Hier mal meins sobald die neuen flux 6.5 da sind folgt noch ein foto von dem




http://fotos.mtb-news.de/fotos/showphoto.php/photo/158078/cat/2/si/nox%20vcs/perpage/12


----------



## Heppy (9. Mai 2007)

Hallo, habe mir ein Nox Satellite geschossen. Nun weiß ich nicht was ich mir da nun ranbauen soll, möchte das Bike in der Stadt benutzen so ein zwei Bordsteinkanten und so, nicht das ich in nen Skatepark fahre, aber ein bissl was aushalten sollte es schon, habe auch schon eine "Rock Shox Tora 318 solo air" gekauft. 

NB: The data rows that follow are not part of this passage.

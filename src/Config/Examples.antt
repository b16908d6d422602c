-- ===== src/Config/Examples.antt =====
-- References in an environment with one variable and one file.
use smtp_auth_proxy.Strings.{cut}
use smtp_auth_proxy.Strings.{cut_prefix}
use smtp_auth_proxy.Strings.{index}
use smtp_auth_proxy.Strings.{trim_space}
use smtp_auth_proxy.Prelude.{◌≡◌, refl, true, none, some, ◌∷◌, if◌then◌else◌}
use smtp_auth_proxy.Strings.{codes, str_eq, contains_byte}
use smtp_auth_proxy.Config.Expand.{Environment, expanded, refused, unset_variable, expand, hash}
use smtp_auth_proxy.Config.Expand.Totality.{IsAnswer, expand-IsAnswer, expand_plain, expand_comment}

abbrev env : Environment
env = record {
  lookup = λ name. if str_eq name (codes "HOST") then some (codes "h.example") else none;
  is_abs = λ path. true;
  size = λ path. some 3;
  read_file = λ path. if str_eq path (codes "/run/key") then some (codes "key") else none;
}

expand-IsAnswer_example : IsAnswer (expand env (codes "a: ${HOST} # ${"))
expand-IsAnswer_example = expand-IsAnswer env (codes "a: ${HOST} # ${")

expand_plain_example : expand env (codes "a: 'b''c' # d") ≡ expanded (codes "a: 'b''c' # d")
unfolding contains_byte
expand_plain_example = expand_plain env (codes "a: 'b''c' # d") refl

expand_comment_example :
    expand env (hash ∷ codes " use ${VAR}") ≡ expanded (hash ∷ codes " use ${VAR}")
unfolding contains_byte
expand_comment_example = expand_comment env (codes " use ${VAR}") refl

references :
    expand env (codes "a: ${HOST}, ${PORT:-25}, ${file:/run/key}, $${x} # ${")
    ≡ expanded (codes "a: h.example, 25, key, ${x} # ${")
unfolding expand cut cut_prefix str_eq index trim_space
references = refl

unset : expand env (codes "${PORT}") ≡ refused unset_variable
unfolding expand cut cut_prefix str_eq index
unset = refl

Wenn Ihr wollt postet doch einfach mal eure Satellite(n). 

hier mal meine Teile noch nicht zusammen gebaut, da ich noch überlege ob und was ich da eventuell noch Tausche, die Schaltung ist erstmal komplett LX, mir fehlt noch Kurbel, Tretlager, Mäntel und Schaltgriffe sowie die Bremsgriffe und ein Sattel mit Stütze...

Hier mal die Links zu meiner Baustelle...

1. http://img80.imageshack.us/img80/9646/dsc00102cx3.jpg
2. http://img510.imageshack.us/img510/3536/dsc00103tc7.jpg
3. http://img510.imageshack.us/img510/3733/dsc00104vq4.jpg
4. http://img80.imageshack.us/img80/1417/dsc00105pn4.jpg

Würd mich riesig über eure Vorschläge freuen! Ich danke schon einmal im Vorraus.

MfG Heppy


----------



## NightRacer (9. Mai 2007)

...auch die Laufräder selber einspeichen!?

na du machst dir ja richtig arbeit! 

...schonmal gemacht?



mfg

MichL


----------



## Heppy (9. Mai 2007)

Nein davon hab ich keinen Plan. Das lass ich im Fahrradladen machen...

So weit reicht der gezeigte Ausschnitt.